Tuesday, September 11, 2007

Wes Anderson: It's in the Details (Part I)


Wes Anderson's career technically started with the marvelous Bottle Rocket, but the career he is currently living out began with Rushmore. It was with Rushmore that Anderson introduced a comedic style that not only featured traditional jokes, but a variety of "static" jokes disguised as background objects, names and seemingly trivial details. The montage of Max Fischer's heavy involvement in scholastic clubs was a perfect introduction to this style, as it took up little screen time but obviously contained a wealth of comedy that would be revealed further on repeat viewings. This style of Anderson's would be applied in his two subsequent films, The Royal Tenenbaums and The Life Aquatic with Steve Zissou. Even though his upcoming The Darjeeling Ltd. looks to be less zany than those last two (obligatory: "why does it have to be zany?"), I'm infinitely thrilled to see it if only for seeing what details he serves up this time.

To me, this kind of comedy reminds me of the best moments of The Simpsons, where static jokes are treated like royalty by writers. But Anderson has quietly made this technique his own, and for me it doesn't get any better than in The Royal Tenenbaums. Here, I have listed (in all the not-so-obvious details, names and background objects I have noticed after many viewings. I intend to do this for the other two Anderson movies I mentioned as well.

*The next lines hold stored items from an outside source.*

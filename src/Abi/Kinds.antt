-- ===== src/Abi/Kinds.antt =====
-- Which kind web3.js chooses for a type name.
use ultron.Prelude.{
  ℕ, ◌≡◌, refl, Bool, true, false, not, ◌||◌, some, [], ◌∷◌, ◌++◌, arith, if◌then◌else◌, ◌==◌,
  Option-cases, inl, inr,
}
use ultron.Text.{Text, codes, starts_with, contains}
use ultron.Abi.{address, real, ureal, is_type, require_type, after, only_brackets, skip_digits}

starts_with-append : (p post : Text) → starts_with p (p ++ post) ≡ true
unfolding starts_with
starts_with-append [] post = refl
starts_with-append (c ∷ p) post = rw (starts_with-append p post) (ground arith)

||-true : (b : Bool) → (b || true) ≡ true
||-true true = refl
||-true false = refl

contains-append : (pre p post : Text) → contains p (pre ++ (p ++ post)) ≡ true
unfolding contains
contains-append [] p post = contains_front (p ++ post) (starts_with-append p post)
  where
    contains_front : (s : Text) → starts_with p s ≡ true → contains p s ≡ true
    contains_front [] h = h
    contains_front (c ∷ s) h = rw h
contains-append (c ∷ pre) p post =
    rw (contains-append pre p post) (||-true (starts_with p (c ∷ (pre ++ (p ++ post)))))

-- A name with `address` anywhere in it is taken for an address.
pub require_type-address :
    (pre post : Text) → require_type (pre ++ (codes "address" ++ post)) ≡ some address
unfolding require_type is_type
require_type-address pre post = rw (contains-append pre (codes "address") post)

has : ℕ → Text → Bool
has c [] = false
has c (d ∷ s) = d == c || has c s

only_brackets-plain :
    (inside : Bool) (s : Text) → only_brackets inside s ≡ true → has b'd' s ≡ false
unfolding only_brackets has
only_brackets-plain inside [] h = refl
only_brackets-plain inside (c ∷ s) h =
    ground (arith, only_brackets-plain (if inside then not (c == b']') else true) s)

skip_digits-plain : (s : Text) → has b'd' (skip_digits s) ≡ false → has b'd' s ≡ false
unfolding has
skip_digits-plain [] h = refl
skip_digits-plain (c ∷ s) h = ground (arith, skip_digits-plain s)

starts_with-address : (s : Text) → has b'd' s ≡ false → starts_with (codes "address") s ≡ false
unfolding starts_with has
starts_with-address [] h = refl
starts_with-address (a ∷ []) h = ground arith
starts_with-address (a ∷ b ∷ s) h = ground arith

contains-address : (s : Text) → has b'd' s ≡ false → contains (codes "address") s ≡ false
unfolding contains has
contains-address [] h = starts_with-address [] h
contains-address (c ∷ s) h = rw (starts_with-address (c ∷ s) h) (contains-address s (ground arith))

after-eq : (p s t : Text) → after p s ≡ some t → s ≡ p ++ t
unfolding after
after-eq [] s t e = ground arith
after-eq (a ∷ p) [] t e = cc
after-eq (a ∷ p) (b ∷ s) t e = ground (arith, after-eq p s t)

ureal_shape :
    (name : Text)
    → is_type ureal name ≡ true
    → (s : Text) × (name ≡ codes "ureal" ++ s) × (only_brackets false (skip_digits s) ≡ true)
unfolding is_type
ureal_shape name h = elim (Option-cases (after (codes "ureal") name)) [
  | inl missing ↦ let wrong : false ≡ true = rw missing at h in cc
  | inr (s, found) ↦ (s, after-eq (codes "ureal") name s found, rw found at h)
]

require_type-ureal_shape :
    (s : Text) → has b'd' s ≡ false → require_type (codes "ureal" ++ s) ≡ some real
unfolding require_type is_type after contains starts_with has
require_type-ureal_shape s h = rw (contains-address (codes "ureal" ++ s) h)

-- No name is taken for a ureal: each name of that kind is taken for a real, which is signed.
pub require_type-ureal : (name : Text) → is_type ureal name ≡ true → require_type name ≡ some real
require_type-ureal name h =
    let (s, shape, brackets) = ureal_shape name h in
    rw shape
      (require_type-ureal_shape s (skip_digits-plain s (only_brackets-plain false _ brackets)))
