-- ===== src/Abi/Names.antt =====
-- The names of array types: brackets behind a name are what the scans of web3.js see.
use ultron.Prelude.{
  ℕ, ◌*◌, ◌≡◌, refl, sym, ap, ◌∙◌, Bool, true, false, not, Option, none, some, List, [], ◌∷◌, ◌++◌,
  arith, append_assoc, append-nil, length-append, take, if◌then◌else◌, ◌==◌,
}
use ultron.Text.{Text, is_digit, all}
use ultron.Text.Slices.{take-append_self}
use ultron.Text.Radix.{value}
use ultron.Abi.{
  scan, scan_next, scan_found, nested_types, nested_name, last_of, digits_of, is_dynamic_array,
  is_static_array, static_array_length, nested_length, product_from, static_part_length,
}

-- A scan that ends outside of brackets goes on over what follows.
unfoldable pub scan_state : Option Text → Text → Option Text
scan_state state [] = state
scan_state state (c ∷ s) = scan_state (scan_next state c) s

scan-append :
    (state : Option Text) (s t : Text)
    → scan state (s ++ t) ≡ scan state s ++ scan (scan_state state s) t
unfolding scan scan_state
scan-append state [] t = refl
scan-append state (c ∷ s) t =
    ap (λ r. scan_found state c ++ r) (scan-append (scan_next state c) s t)
    ∙ sym (append_assoc (scan_found state c) _ _)

scan_state-append :
    (state : Option Text) (s t : Text)
    → scan_state state (s ++ t) ≡ scan_state (scan_state state s) t
unfolding scan_state
scan_state-append state [] t = refl
scan_state-append state (c ∷ s) t = scan_state-append (scan_next state c) s t

digit_step :
    (read : Text) (c : ℕ)
    → is_digit c ≡ true
    → (scan_found (some read) c ≡ []) × (scan_next (some read) c ≡ some (read ++ c ∷ []))
digit_step read c h = (ground arith, ground arith)

scan-digits :
    (read d : Text)
    → all is_digit d ≡ true
    → (scan (some read) d ≡ []) × (scan_state (some read) d ≡ some (read ++ d))
unfolding scan scan_state
scan-digits read [] h = (refl, ap some (sym (append-nil read)))
scan-digits read (c ∷ d) h =
    let (found, state) = scan-digits (read ++ c ∷ []) d (ground arith) in
    let (quiet, digit) = digit_step read c (ground arith) in
    (rw (quiet, digit) found, rw digit (state ∙ ap some (append_assoc read (c ∷ []) d)))

-- "[" digits "]"
abbrev pub suffix : Text → Text
suffix d = b'[' ∷ (d ++ b']' ∷ [])

scan-suffix :
    (d : Text)
    → all is_digit d ≡ true
    → (scan none (suffix d) ≡ suffix d ∷ []) × (scan_state none (suffix d) ≡ none)
unfolding scan scan_state
scan-suffix d h =
    let (found, state) = scan-digits (b'[' ∷ []) d h in
    (
      scan-append (some (b'[' ∷ [])) d (b']' ∷ []) ∙ rw (found, state),
      scan_state-append (some (b'[' ∷ [])) d (b']' ∷ []) ∙ rw state,
    )

-- A name in which no bracket is left open.
abbrev pub IsClosed : Text → Type 0
IsClosed name = scan_state none name ≡ none

pub nested_types-suffix :
    (name d : Text)
    → IsClosed name
    → all is_digit d ≡ true
    → nested_types (name ++ suffix d) ≡ nested_types name ++ suffix d ∷ []
unfolding nested_types
nested_types-suffix name d closed h =
    scan-append none name (suffix d) ∙ rw (closed, (scan-suffix d h).0)

-- An array of a type whose name is closed has a closed name too.
pub IsClosed-suffix :
    (name d : Text) → IsClosed name → all is_digit d ≡ true → IsClosed (name ++ suffix d)
IsClosed-suffix name d closed h =
    scan_state-append none name (suffix d) ∙ rw (closed, (scan-suffix d h).1)

digits_of-append : (s t : Text) → digits_of (s ++ t) ≡ digits_of s ++ digits_of t
digits_of-append [] t = refl
digits_of-append (c ∷ s) t = ground (arith, digits_of-append s t)

digits_of-all : (d : Text) → all is_digit d ≡ true → digits_of d ≡ d
digits_of-all [] h = refl
digits_of-all (c ∷ d) h = ground (arith, digits_of-all d)

digits_of-suffix : (d : Text) → all is_digit d ≡ true → digits_of (suffix d) ≡ d
digits_of-suffix d h = digits_of-append d (b']' ∷ []) ∙ rw (digits_of-all d h, append-nil d)

last_of-append : (t : Text) (us : List Text) (u : Text) → last_of t (us ++ u ∷ []) ≡ u
last_of-append t [] u = refl
last_of-append t (v ∷ us) u = last_of-append v us u

product_from-append :
    (acc : ℕ) (ts : List Text) (u : Text)
    → product_from acc (ts ++ u ∷ []) ≡ product_from acc ts * nested_length u
unfolding product_from
product_from-append acc [] u = refl
product_from-append acc (t ∷ ts) u = product_from-append (acc * nested_length t) ts u

-- A list that ends in an item, as a head, a tail and its last item.
ends_in :
    (ts : List Text) (u : Text)
    → (t : Text) × (rest : List Text) × (ts ++ u ∷ [] ≡ t ∷ rest) × (last_of t rest ≡ u)
ends_in [] u = (u, [], refl, refl)
ends_in (t ∷ ts) u = (t, ts ++ u ∷ [], refl, last_of-append t ts u)

abbrev pub is_nil : Text → Bool
is_nil [] = true
is_nil (c ∷ s) = false

module _ (name d : Text) (closed : IsClosed name) (h : all is_digit d ≡ true) where
  -- The nested types of the array: some head and tail, whose last is the suffix.
  seen :
      (t : Text) × (rest : List Text) × (nested_types (name ++ suffix d) ≡ t ∷ rest)
      × (last_of t rest ≡ suffix d)
  seen =
      let (t, rest, split, last) = ends_in (nested_types name) (suffix d) in
      (t, rest, nested_types-suffix name d closed h ∙ split, last)

  nested_name-suffix : nested_name (name ++ suffix d) ≡ name
  unfolding nested_name
  nested_name-suffix =
      let (t, rest, found, last) = seen in
      rw (found, nested_name, last)
        (ap (λ (n : ℕ). take n (name ++ suffix d)) (omega (arith, length-append name (suffix d)))
          ∙ take-append_self name (suffix d))

  is_dynamic_array-suffix : is_dynamic_array (name ++ suffix d) ≡ is_nil d
  unfolding is_dynamic_array
  is_dynamic_array-suffix =
      let (t, rest, found, last) = seen in
      rw (found, is_dynamic_array, last, digits_of-suffix d h) (by_digits d)
    where
      by_digits : (e : Text) → elim e [ [] ↦ true | _ ∷ _ ↦ false ] ≡ is_nil e
      by_digits [] = refl
      by_digits (c ∷ e) = refl

  static_part_length-suffix :
      static_part_length (name ++ suffix d) ≡ static_part_length name * nested_length (suffix d)
  unfolding static_part_length
  static_part_length-suffix =
      ap (product_from 32) (nested_types-suffix name d closed h)
      ∙ product_from-append 32 (nested_types name) (suffix d)

  is_static_array-suffix : is_static_array (name ++ suffix d) ≡ not (is_nil d)
  unfolding is_static_array
  is_static_array-suffix =
      let (t, rest, found, last) = seen in
      rw (found, is_static_array, last, digits_of-suffix d h) (by_digits d)
    where
      by_digits : (e : Text) → elim e [ [] ↦ false | _ ∷ _ ↦ true ] ≡ not (is_nil e)
      by_digits [] = refl
      by_digits (c ∷ e) = refl

  static_array_length-suffix :
      static_array_length (name ++ suffix d) ≡ (if is_nil d then 1 else value 10 d)
  unfolding static_array_length
  static_array_length-suffix =
      let (t, rest, found, last) = seen in
      rw (found, static_array_length, last, digits_of-suffix d h) (by_digits d)
    where
      by_digits :
          (e : Text)
          → elim e [ [] ↦ 1 | c ∷ s ↦ value 10 (c ∷ s) ] ≡ (if is_nil e then 1 else value 10 e)
      by_digits [] = refl
      by_digits (c ∷ e) = refl

  nested_length-suffix : nested_length (suffix d) ≡ (if value 10 d == 0 then 1 else value 10 d)
  unfolding nested_length
  nested_length-suffix = rw (digits_of-suffix d h)

  -- Brackets with digits behind a name whose brackets are closed make the name of an array of that
  -- type: it is dynamic exactly without digits, else static with the length that they say; its
  -- static part is that of the type once for each item, and once where the length is 0 or left out.
  pub array_name :
      (nested_name (name ++ suffix d) ≡ name)
      × (is_dynamic_array (name ++ suffix d) ≡ is_nil d)
      × (is_static_array (name ++ suffix d) ≡ not (is_nil d))
      × (static_array_length (name ++ suffix d) ≡ (if is_nil d then 1 else value 10 d))
      × (static_part_length (name ++ suffix d)
          ≡ static_part_length name * (if value 10 d == 0 then 1 else value 10 d))
  array_name = (
    nested_name-suffix,
    is_dynamic_array-suffix,
    is_static_array-suffix,
    static_array_length-suffix,
    static_part_length-suffix ∙ ap (λ (n : ℕ). static_part_length name * n) nested_length-suffix,
  )
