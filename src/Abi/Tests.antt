-- ===== src/Abi/Tests.antt =====
-- Type names run through the model, and the theorems at some of them.
use ultron.Prelude.{◌*◌, ◌≡◌, refl, true, false, some, none, [], ◌∷◌, if◌then◌else◌, ◌==◌}
use ultron.Text.{codes, contains}
use ultron.Text.Radix.{value, value_from}
use ultron.Abi.{
  int, dynamic_bytes, bytes, real, is_type, require_type, nested_name, nested_types,
  is_dynamic_array, is_static_array, static_array_length, static_part_length, nested_length, scan,
  product_from, first_type, only_brackets, after,
}
use ultron.Abi.Names.{scan_state, array_name}
use ultron.Abi.Kinds.{require_type-ureal}

names_run :
    (nested_types (codes "int[2][][31]") ≡ codes "[2]" ∷ codes "[]" ∷ codes "[31]" ∷ [])
    × (nested_name (codes "int[2][]") ≡ codes "int[2]")
    × (is_dynamic_array (codes "int[2][]") ≡ true)
    × (static_array_length (codes "int[][31]") ≡ 31)
    × (static_part_length (codes "int[2][3]") ≡ 192)
unfolding nested_types nested_name is_dynamic_array static_array_length static_part_length
    nested_length scan product_from value value_from
names_run = (refl, refl, refl, refl, refl)

require_type_runs :
    (require_type (codes "bytes32[4]") ≡ some bytes)
    × (require_type (codes "bytes[]") ≡ some dynamic_bytes)
    × (require_type (codes "int256") ≡ some int)
    × (require_type (codes "fixed") ≡ none)
unfolding require_type is_type first_type only_brackets after contains
require_type_runs = (refl, refl, refl, refl)

array_name_example :
    (nested_name (codes "int[2][10]") ≡ codes "int[2]")
    × (is_dynamic_array (codes "int[2][10]") ≡ false)
    × (is_static_array (codes "int[2][10]") ≡ true)
    × (static_array_length (codes "int[2][10]") ≡ value 10 (codes "10"))
    × (static_part_length (codes "int[2][10]")
        ≡ static_part_length (codes "int[2]")
          * (if value 10 (codes "10") == 0 then 1 else value 10 (codes "10")))
unfolding scan_state
array_name_example = array_name (codes "int[2]") (codes "10") refl refl

require_type-ureal_example : require_type (codes "ureal128x128[2]") ≡ some real
unfolding is_type after only_brackets require_type contains
require_type-ureal_example = require_type-ureal (codes "ureal128") refl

  1. Pagoda serves Royal Tenenbaum a martini on a silver tray, after he informed his children of their parents' divorce.
  2. The cover of Etheline Tenenbaum's A Family of Geniuses seems to be a photograph taken at the book's very release junket, possibly indicating that we are seeing a later edition of the book.
  3. The Tenenbaum family flag, an elongated pink triangle with a simple "T" crest at its base, flies on a spire at the family's Archer Avenue house as well as their summer home on Eagle's Island. This same shade of pink is frequently worn by Royal and Pagoda during the movie.
  4. In a flashback to Royal addressing Margot as his adopted daughter, they are at a party and flanked by high-ranking military members apparently from Russia, Western Europe and the Middle East, as well as an old man in an outrageous houndstooth suit.
  5. At young Eli Cash's house, in the background there is a key holder bearing Sharpie inscriptions of "Eli's Keys" and "Aunt's Keys" with respective arrows. Young Eli is later seen wearing a key on a necklace.
  6. Royal wears the same outfit in all the childhood scenes: a tan coat with sunglasses and a lit cigarette.
  7. As he is getting dressed for a press event for his new book, Old Custer, Eli is assisted by three men -- one of which holds up a platter of finger sandwiches. Eli takes one bite.
  8. When we are introduced to Henry Sherman, he is apparently inside an apartment building he owns. Behind him are plaques with reminders of when garbage is picked up and other items. Below the text is "H. Sherman. Landlord."
  9. After Royal is informed that he must leave The Lindburgh Palace Hotel, we see his masseuse packing his bags while he looks out the window and smokes.
  10. The name of the reggae band Margot got involved with is Desmond Winston Manchester XI (the name of the album is illegible on my TV, anyone?)
  11. The names of Margot's plays we see on posters in her room include and Nakedness Tonight and Erotic Transference.
  12. Raleigh St. Claire's office is filled with various outdated technology, including a bizarre multiline rotary phone and random vacuum tube switchboards.
  13. The three former suitors of Etheline are: Neville Smythe (a British Arctic explorer), Yasuo Oshima (an Asian architect) and Franklin Benedict (a John Huston-like director with an eye patch, cigarette and a set filled with an Indiana Jones lookalike, a pair of amphibious people, a space man and an obscured production chair, of which we can see the word "Galaxion").
  14. While meeting with Pagoda, Royal calls Henry a "two-bit chartered accountant."
  15. The Tenenbaum's neighborhood varies radically with each side of the house: one side is in an upscale area next door to the Thai embassy, another is in a downtrodden area and a third side is on a wooded street with a bus stop.
  16. Margot's closet still contains her leopard costume used in the play performed on her birthday.
  17. Eli is seen smoking a peace pipe.
  18. Eli's apartment features the spectacular "Aggressively Mediocre/Mentally Challenged/Fantasy Island (circle one)" paintings by Miguel Calderon.
  19. Richie is seen reading Three Plays by Margot Tenenbaum. The book can't be any longer than 150 pages, and though the names of the plays listed on the cover are illegible, none of them look to be the previously mentioned titles.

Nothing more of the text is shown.